TensorFlow expects the information about each worker in the JSON format provided via the TF_CONFIG environment variable. A Python script to parse the information provided by SLURM into the right format could look like this (NOTE: This custom script uses a site-specific environment variable R_WLM_ABAQUSHOSTLIST to get a pre-formatted list of all allocated nodes. This probably has to be adjusted depending on the used cluster):

import os
import json

def get_job_node_list_slurm():
    host_list_val       = eval(os.environ['R_WLM_ABAQUSHOSTLIST']) # or maybe parse SLURM_JOB_NODELIST
    host_list           = []
    for x in host_list_val:
        host_list.append(x[0])
    host_list = list(set(host_list))
    return host_list

def build_tf_config():
    # general settings
    port_range_start    = 23456
    tasks_per_node      = int(os.environ['SLURM_NTASKS_PER_NODE'])

    # create worker list
    list_hosts          = sorted(get_job_node_list_slurm())
    list_workers        = []
    for host in list_hosts:
        for i in range(tasks_per_node):
            list_workers.append(f"{host}:{port_range_start+i}")

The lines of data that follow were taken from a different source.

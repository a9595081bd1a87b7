-- ===== src/MessageBus/Audit.antt =====
-- What the audit buffer of the bus holds.
use angavu_intelligence_back.Common.{
  ℕ, suc, ◌+◌, ◌*◌, ◌/◌, ◌<◌, ◌≡◌, ◌∙◌, refl, sym, ap, ap₂, Bool, true, false, Option, some, List,
  [], ◌∷◌, ◌++◌, length, length-append, drop, leb, leb→le, inl, inr, Bool-cases, Option-cases,
  arith,
}
use mathlib.Core.List.{append_assoc, append-nil}
use angavu_intelligence_back.MessageBus.{ModuleId, ModuleMessage, extract_priority}
use angavu_intelligence_back.MessageBus.Bus.{
  deliver, at_least_high, Mpsc, ModuleMessageBus, AuditEntry, TrySend, sent, full, closed, entry_of,
  push_entry, audit_log, audited, queue_of, set_queue, after_wait, on_full, after_try,
  send_to_module, flush_audit,
}

push_all : List AuditEntry → List AuditEntry → List AuditEntry
push_all buffer [] = buffer
push_all buffer (e ∷ es) = push_all (push_entry e buffer) es

drop_past {ℓ} : {A : Type ℓ} (xs ys : List A) (n : ℕ) → drop (length xs + n) (xs ++ ys) ≡ drop n ys
unfolding drop
drop_past [] ys n = ap (λ k. drop k ys) (omega arith)
drop_past (x ∷ xs) ys n =
    let e : suc (length xs) + n ≡ suc (length xs + n) = omega arith in rw e (drop_past xs ys n)

-- The buffer starts anew after each 512 entries.
push_all-drop :
    (buffer es : List AuditEntry)
    → length buffer < 512
    → push_all buffer es ≡ drop (512 * (length (buffer ++ es) / 512)) (buffer ++ es)
unfolding push_all push_entry drop
push_all-drop buffer [] h =
    let n : 512 * (length (buffer ++ []) / 512) ≡ 0 = omega (arith, length-append buffer []) in
    rw n (sym (append-nil buffer))
push_all-drop buffer (e ∷ es) h =
    let long : length (buffer ++ e ∷ []) ≡ suc (length buffer) =
      omega (arith, length-append buffer (e ∷ [])) in
    let same : (buffer ++ e ∷ []) ++ es ≡ buffer ++ e ∷ es = append_assoc buffer (e ∷ []) es in
    elim (Bool-cases (leb 512 (length (buffer ++ e ∷ [])))) [
      | inl emptied ↦
          let total = length (buffer ++ e ∷ es) in
          let split : 512 * (total / 512) ≡ length (buffer ++ e ∷ []) + 512 * (length es / 512) =
            omega (arith, long, leb→le _ _ emptied, length-append buffer (e ∷ es)) in
          rw emptied (
            push_all-drop [] es (omega arith)
            ∙ (sym (drop_past (buffer ++ e ∷ []) es (512 * (length es / 512)))
                ∙ ap₂ drop (sym split) same))
      | inr kept ↦ rw kept (
          push_all-drop (buffer ++ e ∷ []) es (ground arith)
          ∙ ap (λ all. drop (512 * (length all / 512)) all) same)
    ]

-- The calls of `send_to_module` of a series, with their times.
module _ {A : Type 0} (mpsc : Mpsc (ModuleMessage A)) (size : ModuleMessage A → Option ℕ) where
  unfoldable pub send_all :
      List (ℕ × ModuleId × ModuleMessage A)
      → ModuleMessageBus mpsc size
      → ModuleMessageBus mpsc size
  send_all [] b = b
  send_all ((now, target, m) ∷ sends) b = send_all sends (send_to_module mpsc size now target m b).1

  abbrev pub entries : List (ℕ × ModuleId × ModuleMessage A) → List AuditEntry
  entries [] = []
  entries ((now, target, m) ∷ sends) = entry_of mpsc size now m (some target) ∷ entries sends

  -- What becomes of a message does not touch the buffer or the settings.
  abbrev Untouched : ModuleMessageBus mpsc size → ModuleMessageBus mpsc size → Type 0
  Untouched b c = (c.audit_buffer ≡ b.audit_buffer) × (c.config ≡ b.config)

  after_wait-Untouched :
      (target : ModuleId) (waited : Bool × mpsc.Queue) (b : ModuleMessageBus mpsc size)
      → Untouched b (after_wait mpsc size target waited b).1
  unfolding after_wait
  after_wait-Untouched target (true, q) b = (refl, refl)
  after_wait-Untouched target (false, q) b = (refl, refl)

  on_full-Untouched :
      (target : ModuleId) (m : ModuleMessage A) (q : mpsc.Queue) (b : ModuleMessageBus mpsc size)
      → Untouched b (on_full mpsc size target m q b).1
  unfolding on_full
  on_full-Untouched target m q b = elim (Bool-cases (at_least_high (extract_priority m))) [
    | inl e ↦ rw e (after_wait-Untouched target (mpsc.send m q) b)
    | inr e ↦ rw e (refl, refl)
  ]

  after_try-Untouched :
      (target : ModuleId) (m : ModuleMessage A) (tried : TrySend × mpsc.Queue)
      (b : ModuleMessageBus mpsc size)
      → Untouched b (after_try mpsc size target m tried b).1
  unfolding after_try
  after_try-Untouched target m (sent, q) b = (refl, refl)
  after_try-Untouched target m (full, q) b =
      on_full-Untouched target m q
        (record b { module_queues = set_queue mpsc size target q b.module_queues })
  after_try-Untouched target m (closed, q) b = (refl, refl)

  deliver-Untouched :
      (target : ModuleId) (m : ModuleMessage A) (b : ModuleMessageBus mpsc size)
      → Untouched b (deliver mpsc size target m b).1
  unfolding deliver
  deliver-Untouched target m b = elim (Option-cases (queue_of mpsc size target b.module_queues)) [
    | inl gone ↦ rw (gone, deliver) (refl, refl)
    | inr (q, e) ↦ rw (e, deliver) (after_try-Untouched target m (mpsc.try_send m q) b)
  ]

  -- One call leaves one entry, whatever becomes of the message.
  send_to_module-audit :
      (now : ℕ) (target : ModuleId) (m : ModuleMessage A) (b : ModuleMessageBus mpsc size)
      → b.config.audit_enabled ≡ true
      → ((send_to_module mpsc size now target m b).1.audit_buffer
          ≡ push_entry (entry_of mpsc size now m (some target)) b.audit_buffer)
        × ((send_to_module mpsc size now target m b).1.config ≡ b.config)
  unfolding send_to_module audited audit_log
  send_to_module-audit now target m b on =
      let u = deliver-Untouched target m (audited mpsc size now m (some target) b) in
      (u.0 ∙ (rw on refl), u.1 ∙ (rw on refl))

  send_all-push_all :
      (sends : List (ℕ × ModuleId × ModuleMessage A)) (b : ModuleMessageBus mpsc size)
      → b.config.audit_enabled ≡ true
      → (send_all sends b).audit_buffer ≡ push_all b.audit_buffer (entries sends)
  unfolding send_all push_all
  send_all-push_all [] b on = refl
  send_all-push_all ((now, target, m) ∷ sends) b on =
      let (one, same) = send_to_module-audit now target m b on in
      send_all-push_all sends (send_to_module mpsc size now target m b).1
        (ap (λ c. c.audit_enabled) same ∙ on)
      ∙ ap (λ l. push_all l (entries sends)) one

  -- Where the audit is enabled, and the buffer is empty before: after any series of messages to modules a
  -- flush returns the entries since the last multiple of 512 of them, in their order. The entries before
  -- that are in no result.
  pub flush_audit-send_all :
      (sends : List (ℕ × ModuleId × ModuleMessage A)) (b : ModuleMessageBus mpsc size)
      → b.config.audit_enabled ≡ true
      → b.audit_buffer ≡ []
      → (flush_audit mpsc size (send_all sends b)).0
        ≡ drop (512 * (length (entries sends) / 512)) (entries sends)
  unfolding flush_audit
  flush_audit-send_all sends b on empty =
      send_all-push_all sends b on
      ∙ (ap (λ l. push_all l (entries sends)) empty
          ∙ push_all-drop [] (entries sends) (omega arith))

    # create config and set environment variable
    tf_config = {
        'cluster': {
            'worker': list_workers
        },
        'task': {'type': 'worker', 'index': int(os.environ['SLURM_PROCID'])}
    }

    str_dump = json.dumps(tf_config)
    print(str_dump)

if __name__ == '__main__':
    build_tf_config()

This can then be used to set the environment variable to the right value on each worker before calling the training process:

export TF_CONFIG=$(python -W ignore tensorflow_create_tfconfig.py)

Horovod

Using Horovod simplifies the setup by not requiring additional scripts to setup the environment. Adapted for Horovod the native code translates to the following:

import horovod.keras as hvd

# Horovod setup
hvd.init()

# Pin GPU to be used to process local rank (one GPU per process)
gpus = tf.config.experimental.list_physical_devices('GPU')
if gpus:
    tf.config.experimental.set_visible_devices(gpus[hvd.local_rank()], 'GPU')

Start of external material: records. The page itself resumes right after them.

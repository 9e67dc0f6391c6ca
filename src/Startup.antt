-- ===== src/Startup.antt =====
-- src/main.rs, src/cli.rs and src/keystore.rs: how a server starts.
pub mod Keystore
pub mod Addresses
pub mod Runs
pub mod Serving
use mpc_server.Common.{
  ℕ, ◌+◌, ◌%◌, Bool, true, false, Option, none, some, List, [], ◌∷◌, ◌++◌, Result, ok, err, Text,
  bytes, if◌then◌else◌,
}
use mpc_server.Externals.{Externals, the_sled, the_crypto, the_gg20}
use mpc_server.External.Queues.{Surf, Redis}
use mpc_server.External.Serde.{Serde}
use mpc_server.Failure.{Failure}
use mpc_server.Proto.{WireMessage}
use mpc_server.Server.{MpcImp}
use mpc_server.Transport.Clients.{
  Joined, join_computation_via_messenger, join_computation_via_redis,
}
use mpc_server.Coordinator.State.{Coordinator, new}
use mpc_server.Startup.Addresses.{Ipv6, IpAddr, api_address}
use mpc_server.Startup.Keystore.{Files, get_secret_key}

-- surf, redis and sled, as the start of a server sees them at that moment. A path is the list of
-- its components.
pub record Outside ⦃x : Externals⦄ : Type 1 where
  pub surf : Surf
  pub redis : Redis
  -- What the queues have at that moment
  pub broker : surf.Broker
  pub channel : redis.Broker
  -- `url.join("healthcheck")`
  pub join_healthcheck : surf.Url → Option surf.Url
  -- `surf::get` has an answer
  pub answers : surf.Url → Bool
  -- `get_connection` succeeds
  pub connects : redis.Client → Bool
  -- `sled::open`
  pub open_db : List Text → Option x.sled.Db
  pub files : Files
  pub ipv6 : Ipv6
  -- A server can be bound to an address and a port.
  pub binds : IpAddr ⦃six = ipv6⦄ → ℕ → Bool

-- `SetupError`, and the errors that are passed on
pub data SetupError : Type 0 where
  no_message_queue_connection multiple_message_queue_configured passed_on : SetupError

-- `AppError`
pub data AppError : Type 0 where
  metrics_server_error mpc_server_error : AppError

module _ ⦃x : Externals⦄ ⦃o : Outside⦄ ⦃wire : Serde WireMessage⦄ where
  -- `Cli`
  pub record Cli : Type 0 where
    pub messenger_address : Option o.surf.Url
    pub redis_url : Option Text
    pub address : IpAddr ⦃six = o.ipv6⦄
    pub port : ℕ
    pub keystore_path : List Text
    pub password_path : List Text
    pub db_path : List Text

  check_messenger : Option o.surf.Url → Result SetupError (Unit {0})
  check_messenger none = err passed_on
  check_messenger (some url) = if o.answers url then ok tt else err no_message_queue_connection

  check_redis : Option o.redis.Client → Result SetupError (Unit {0})
  check_redis none = err passed_on
  check_redis (some client) = if o.connects client then ok tt else err no_message_queue_connection

  choose : {A : Type 0} → Option o.surf.Url → Option Text → (o.surf.Url → A) → (Text → A) → A → A
  choose (some url) none messenger redis other = messenger url
  choose none (some url) messenger redis other = redis url
  choose (some _) (some _) messenger redis other = other
  choose none none messenger redis other = other

  -- `precheck`
  unfoldable pub precheck : Cli → Result SetupError (Unit {0})
  unfolding check_messenger check_redis choose
  precheck args =
      choose args.messenger_address args.redis_url (λ url. check_messenger (o.join_healthcheck url))
        (λ url. check_redis (o.redis.open_client url)) (err multiple_message_queue_configured)

  -- What becomes of the task of `bootstrap`: it has ended, and with it the queue of requests, or
  -- it forwards requests to a coordinator.
  pub data Task : Type 0 where
    ended : Task
    forwards : Coordinator → Task

  -- The end of `use_messenger` and `use_redis`.
  unfoldable pub joined :
      {Broker : Type 0} → Result Failure (Joined Broker) → x.crypto.SecretKey → x.sled.Db → ℕ → Task
  joined (ok _) sk db now = forwards (new sk db now)
  joined (err _) sk db now = ended

  -- The path of the shares.
  abbrev pub local_shares : Cli → List Text
  local_shares args = args.db_path ++ (bytes "local_shares" ∷ [])

  -- `use_messenger`; `none` is a panic of an `unwrap`.
  unfoldable pub use_messenger : Cli → ℕ → Option Task
  unfolding joined
  use_messenger args now = elim (get_secret_key o.files args.keystore_path args.password_path) [
    | err _ ↦ none
    | ok (sk, _) ↦ elim (o.open_db (local_shares args)) [
      | none ↦ none
      | some db ↦ elim args.messenger_address [
        | none ↦ none
        | some url ↦
            some (joined (join_computation_via_messenger ⦃surf = o.surf⦄ url sk o.broker) sk db now)
      ]
    ]
  ]

  -- `use_redis`
  pub use_redis : Cli → ℕ → Option Task
  unfolding joined
  use_redis args now = elim (get_secret_key o.files args.keystore_path args.password_path) [
    | err _ ↦ none
    | ok (sk, _) ↦ elim (o.open_db (local_shares args)) [
      | none ↦ none
      | some db ↦ elim args.redis_url [
        | none ↦ none
        | some url ↦
            some (joined (join_computation_via_redis ⦃redis = o.redis⦄ url sk o.channel) sk db now)
      ]
    ]
  ]

  -- `bootstrap`
  unfoldable pub bootstrap : Cli → ℕ → Option Task
  unfolding choose
  bootstrap args now =
      choose args.messenger_address args.redis_url (λ _. use_messenger args now)
        (λ _. use_redis args now) none

  -- What `main` has set up when it runs its servers, after `bootstrap` has come to its loop, or to
  -- its end: a closed queue of requests is one whose receiver went with the task.
  pub record Running : Type 0 where
    pub api : MpcImp
    pub task : Option Task

  abbrev is_forwarding : Option Task → Bool
  is_forwarding (some (forwards _)) = true
  is_forwarding (some ended) = false
  is_forwarding none = false

  abbrev pub results_path : Cli → List Text
  results_path args = args.db_path ++ (bytes "results" ∷ [])

  abbrev pub spawned : x.sled.Db → Option Task → Running
  spawned results_db task = record {
    api = record {
      tx = record { is_open = is_forwarding task; queue = [] };
      tx_res = record { is_open = true; queue = [] };
      results_db = results_db;
    };
    task = task;
  }

  -- `main`, up to its servers; `none` is a panic of an `unwrap`.
  unfoldable pub main : Cli → ℕ → Option Running
  main args now = elim (o.open_db (results_path args)) [
    | none ↦ none
    | some results_db ↦ elim (precheck args) [
      | err _ ↦ none
      | ok _ ↦ some (spawned results_db (bootstrap args now))
    ]
  ]

  -- The addresses that the two servers are bound to.
  pub record Bound : Type 0 where
    pub metrics : IpAddr ⦃six = o.ipv6⦄ × ℕ
    pub api : IpAddr ⦃six = o.ipv6⦄ × ℕ

  -- `metrics_server`; `none` is the panic of the `unwrap` behind `bind`.
  pub metrics_server : Cli → Option (IpAddr ⦃six = o.ipv6⦄ × ℕ)
  metrics_server args =
      let port = (args.port + 100) % 65536 in
      if o.binds args.address port then some (args.address, port) else none

  -- `mpc_server`; `none` is the panic of the `unwrap` behind `parse`.
  pub api_server : Cli → Option (IpAddr ⦃six = o.ipv6⦄ × ℕ)
  api_server args = elim (api_address ⦃six = o.ipv6⦄ args.address args.port) [
    | ok addr ↦ some addr
    | err _ ↦ none
  ]

  -- The two servers that `main` joins, the metrics first.
  unfoldable pub serving : Cli → Option Bound
  unfolding metrics_server api_server
  serving args = elim (metrics_server args) [
    | none ↦ none
    | some metrics ↦ elim (api_server args) [
      | none ↦ none
      | some api ↦ some (record { metrics = metrics; api = api })
    ]
  ]

-- The end of `main`: what the two servers ended with, the metrics first.
unfoldable pub combined : Bool → Bool → Result AppError (Unit {0})
combined true true = ok tt
combined true false = err mpc_server_error
combined false false = err mpc_server_error
combined false true = err metrics_server_error

module _ ⦃x : Externals⦄ ⦃o : Outside⦄ ⦃wire : Serde WireMessage⦄ where
  -- The end of `main`, by what the servers that are bound to some addresses end with; `none` is a
  -- panic.
  abbrev pub joined_servers :
      Option Bound → (Bound → Bool × Bool) → Option (Result AppError (Unit {0}))
  joined_servers none ends = none
  joined_servers (some bound) ends = let (metrics, api) = ends bound in some (combined metrics api)

  -- `main` from its start to its end.
  unfoldable pub run_main : Cli → ℕ → (Bound → Bool × Bool) → Option (Result AppError (Unit {0}))
  run_main args now ends = elim (main args now) [
    | none ↦ none
    | some _ ↦ joined_servers (serving args) ends
  ]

 model = tf.keras.Sequential([
     tf.keras.layers.InputLayer(input_shape=(28, 28)),
     tf.keras.layers.Reshape(target_shape=(28, 28, 1)),
     tf.keras.layers.Conv2D(32, 3, activation='relu'),
     tf.keras.layers.Flatten(),
     tf.keras.layers.Dense(128, activation='relu'),
     tf.keras.layers.Dense(10)
 ])
 # Horovod: adjust learning rate based on number of GPUs.
 opt = tf.keras.optimizers.Adadelta(0.015 * hvd.size())
 # Horovod: add Horovod Distributed Optimizer.
 opt = hvd.DistributedOptimizer(opt)
 model.compile(
     loss=tf.keras.losses.SparseCategoricalCrossentropy(from_logits=True),
     optimizer=opt,
     metrics=['accuracy'])

callbacks = [hvd.callbacks.BroadcastGlobalVariablesCallback(0),]

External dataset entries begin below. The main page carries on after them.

-- ===== src/Startup/Addresses/Parsed.antt =====
-- The text that src/main.rs makes of an address, and what std::net reads out of it.
use mathlib.Core.List.{append_assoc}
use mpc_server.Common.{
  ℕ, zero, suc, ◌+◌, ◌-◌, ◌*◌, subst, ◌≡◌, ◌≤◌, refl, ap, ◌∙◌, Bool, true, false, ◌&&◌, [], ◌∷◌,
  ◌++◌, Text, leb, if◌then◌else◌, arith, inl, inr, ◌==◌, Result, ok, err, Bool-cases, All,
}
use mpc_server.Common.Decimal.{
  ParseError, malformed, StartsDigit, IsEnd, read_number, read_number-digits, digits, to_string,
  to_string-append, is_digit, digits-StartsDigit, read_digits, digits_first,
}
use mpc_server.Common.Fallible.{◌>>=◌, Result-cases}
use mpc_server.Startup.Addresses.{
  Ipv4Addr, Ipv6, v4, v6, is_hex, Ipv6Laws, show_v4, show, expect, read_octet, finish, read_v4,
  parse, api_address, IsAddress,
}

-- An octet is read back.

read_octet_of : (t : Text) → StartsDigit 1 t → read_octet t ≡ read_number 255 t
unfolding read_octet
read_octet_of [] h = absurd h
read_octet_of (c ∷ []) h = refl
read_octet_of (c ∷ x ∷ xs) h = let e : (c == 48) ≡ false = ground arith in rw e refl

read_zero :
    (behind : Text) → IsEnd behind → read_octet (48 ∷ behind) ≡ read_number 255 (48 ∷ behind)
unfolding read_octet
read_zero [] e = refl
read_zero (x ∷ xs) e = rw e refl

octet_first :
    (n : ℕ) (behind : Text)
    → IsEnd behind
    → read_octet (digits (suc n) n behind) ≡ read_number 255 (digits (suc n) n behind)
unfolding digits
octet_first zero behind e = read_zero behind e
octet_first (suc n) behind e =
    read_octet_of (digits (suc (suc n)) (suc n) behind)
      (digits-StartsDigit (suc (suc n)) (suc n) behind (omega arith) (omega arith))

read_octet-digits :
    (n : ℕ) (behind : Text)
    → n ≤ 255
    → IsEnd behind
    → read_octet (to_string n ++ behind) ≡ ok (behind, n)
read_octet-digits n behind small e =
    ap read_octet (to_string-append n behind)
    ∙ octet_first n behind e
    ∙ read_number-digits 255 n behind small e

-- A text that does not go on with a dot.
abbrev NoDot : Text → Type 0
NoDot [] = Unit
NoDot (c ∷ cs) = (c == 46) ≡ false

-- The parser fails, or stops before something else than a dot.
abbrev StopsAtNoDot : Result ParseError (Text × ℕ) → Type 0
StopsAtNoDot (ok (t, n)) = NoDot t
StopsAtNoDot (err _) = Unit

is_hex-NoDot : (c : ℕ) → is_hex c ≡ true → (c == 46) ≡ false
is_hex-NoDot c h = ground arith

read_digits-StopsAtNoDot :
    (limit value : ℕ) (group rest : Text)
    → All (λ c. is_hex c ≡ true) group
    → StopsAtNoDot (read_digits limit value (group ++ (58 ∷ rest)))
unfolding read_digits
read_digits-StopsAtNoDot limit value [] rest h = refl
read_digits-StopsAtNoDot limit value (c ∷ cs) rest (h, hs) = elim (Bool-cases (is_digit c)) [
  | inr e ↦ rw e (is_hex-NoDot c h)
  | inl e ↦ elim (Bool-cases (leb (value * 10 + (c - 48)) limit)) [
    | inr f ↦ rw (e, f) tt
    | inl f ↦ rw (e, f) (read_digits-StopsAtNoDot limit (value * 10 + (c - 48)) cs rest hs)
  ]
]

StopsAtNoDot-choice :
    (b : Bool) (r r' : Result ParseError (Text × ℕ))
    → StopsAtNoDot r
    → StopsAtNoDot r'
    → StopsAtNoDot (if b then r else r')
StopsAtNoDot-choice true r r' h h' = h
StopsAtNoDot-choice false r r' h h' = h'

read_number-StopsAtNoDot :
    (limit : ℕ) (group rest : Text)
    → All (λ c. is_hex c ≡ true) group
    → StopsAtNoDot (read_number limit (group ++ (58 ∷ rest)))
unfolding read_number
read_number-StopsAtNoDot limit [] rest h = tt
read_number-StopsAtNoDot limit (c ∷ cs) rest h =
    StopsAtNoDot-choice (is_digit c) _ _ (read_digits-StopsAtNoDot limit 0 (c ∷ cs) rest h) tt

read_octet-StopsAtNoDot :
    (group rest : Text)
    → All (λ c. is_hex c ≡ true) group
    → StopsAtNoDot (read_octet (group ++ (58 ∷ rest)))
unfolding read_octet
read_octet-StopsAtNoDot [] [] h = read_number-StopsAtNoDot 255 [] [] h
read_octet-StopsAtNoDot [] (x ∷ xs) h = read_number-StopsAtNoDot 255 [] (x ∷ xs) h
read_octet-StopsAtNoDot (c ∷ []) rest h =
    StopsAtNoDot-choice (c == 48 && is_digit 58) _ _ tt
      (read_number-StopsAtNoDot 255 (c ∷ []) rest h)
read_octet-StopsAtNoDot (c ∷ x ∷ xs) rest h =
    StopsAtNoDot-choice (c == 48 && is_digit x) _ _ tt
      (read_number-StopsAtNoDot 255 (c ∷ x ∷ xs) rest h)

expect-NoDot : (t : Text) → NoDot t → expect 46 t ≡ err malformed
unfolding expect
expect-NoDot [] h = refl
expect-NoDot (c ∷ cs) h = rw h refl

read_v4_fails : (t : Text) → StopsAtNoDot (read_octet t) → read_v4 t ≡ err malformed
unfolding read_v4
read_v4_fails t h = elim (Result-cases (read_octet t)) [
  | inr (malformed, e) ↦ rw e refl
  | inl ((t1, a), e) ↦ let at : NoDot t1 = subst StopsAtNoDot e h in rw (e, expect-NoDot t1 at) refl
]

to_string_read : (port : ℕ) → port ≤ 65535 → read_number 65535 (to_string port) ≡ ok ([], port)
unfolding to_string
to_string_read port fits = read_number-digits 65535 port [] fits tt

show_v4-StartsDigit :
    (ip : Ipv4Addr) (port : ℕ) → StartsDigit 0 (show_v4 ip ++ (58 ∷ to_string port))
unfolding show_v4
show_v4-StartsDigit ip port =
    rw (append_assoc (to_string ip.a) _ (58 ∷ to_string port), to_string-append ip.a _)
      (digits_first ip.a _)

read_v4-show :
    (ip : Ipv4Addr) (port : ℕ)
    → (ip.a ≤ 255) × (ip.b ≤ 255) × (ip.c ≤ 255) × (ip.d ≤ 255)
    → port ≤ 65535
    → read_v4 (show_v4 ip ++ (58 ∷ to_string port)) ≡ ok (ip, port)
unfolding read_v4 show_v4 expect finish
read_v4-show ip port (fa, fb, fc, fd) fits =
    rw
      (
        append_assoc (to_string ip.a) _ (58 ∷ to_string port),
        append_assoc (to_string ip.b) _ (58 ∷ to_string port),
        append_assoc (to_string ip.c) _ (58 ∷ to_string port),
        read_octet-digits ip.a _ fa refl,
        read_octet-digits ip.b _ fb refl,
        read_octet-digits ip.c _ fc refl,
        read_octet-digits ip.d (58 ∷ to_string port) fd refl,
        to_string_read port fits,
      )
      refl

module _ ⦃six : Ipv6⦄ where
  parse_digit_first :
      (t : Text) → StartsDigit 0 t → parse t ≡ (do (ip, port) ← read_v4 t; ok (v4 ip, port))
  unfolding parse
  parse_digit_first [] h = absurd h
  parse_digit_first (c ∷ cs) h = let e : (c == 91) ≡ false = ground arith in rw e refl

  parse_hex :
      (group rest : Text)
      → All (λ c. is_hex c ≡ true) group
      → parse (group ++ (58 ∷ rest)) ≡ err malformed
  unfolding parse
  parse_hex [] rest h = rw (read_v4_fails (58 ∷ rest) (read_octet-StopsAtNoDot [] rest h)) refl
  parse_hex (c ∷ cs) rest h =
      let e : (c == 91) ≡ false = ground arith in
      rw (e, read_v4_fails (c ∷ (cs ++ (58 ∷ rest))) (read_octet-StopsAtNoDot (c ∷ cs) rest h)) refl

  -- The text of an address of version 6 has no brackets, and does not parse.
  pub api_address_v6 :
      Ipv6Laws → (ip : six.Addr) (port : ℕ) → api_address (v6 ip) port ≡ err malformed
  unfolding api_address show
  api_address_v6 laws ip port =
      let (group, rest, hex, e) = laws.first_group ip in
      rw (e, append_assoc group (58 ∷ rest) (58 ∷ to_string port)) (parse_hex group _ hex)

  -- The text of an address of version 4 parses to it.
  pub api_address_v4 :
      (ip : Ipv4Addr) (port : ℕ)
      → IsAddress (v4 ip)
      → port ≤ 65535
      → api_address (v4 ip) port ≡ ok (v4 ip, port)
  unfolding api_address show
  api_address_v4 ip port small fits =
      parse_digit_first _ (show_v4-StartsDigit ip port)
      ∙ (rw (read_v4-show ip port small fits) refl)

dataset = ... # Load dataset
model.fit(dataset, callbacks=callbacks, epochs=30, steps_per_epoch=70)

The script can then be called either by using the horovodrun command or by directly launching the processes through calls to srun, mpirun or similar.

Inference

Using a trained model for inference can be straightforward as loading a pre-trained model and feeding it with data samples. Also take a look at the [https://developer.nvidia.com/triton-inference-server Triton Inference Server] to use inference in production environments or improve inference throughput by pre-compiling a model through TensorRT

Distributed inference is much simpler than distributed training as there is no communication involved between the different instances. Inference can be scaled to an arbitrary amount of GPUs by simply starting single GPU inference processes on different parts of an inference dataset, but requires a large enough number of samples to scale efficiently.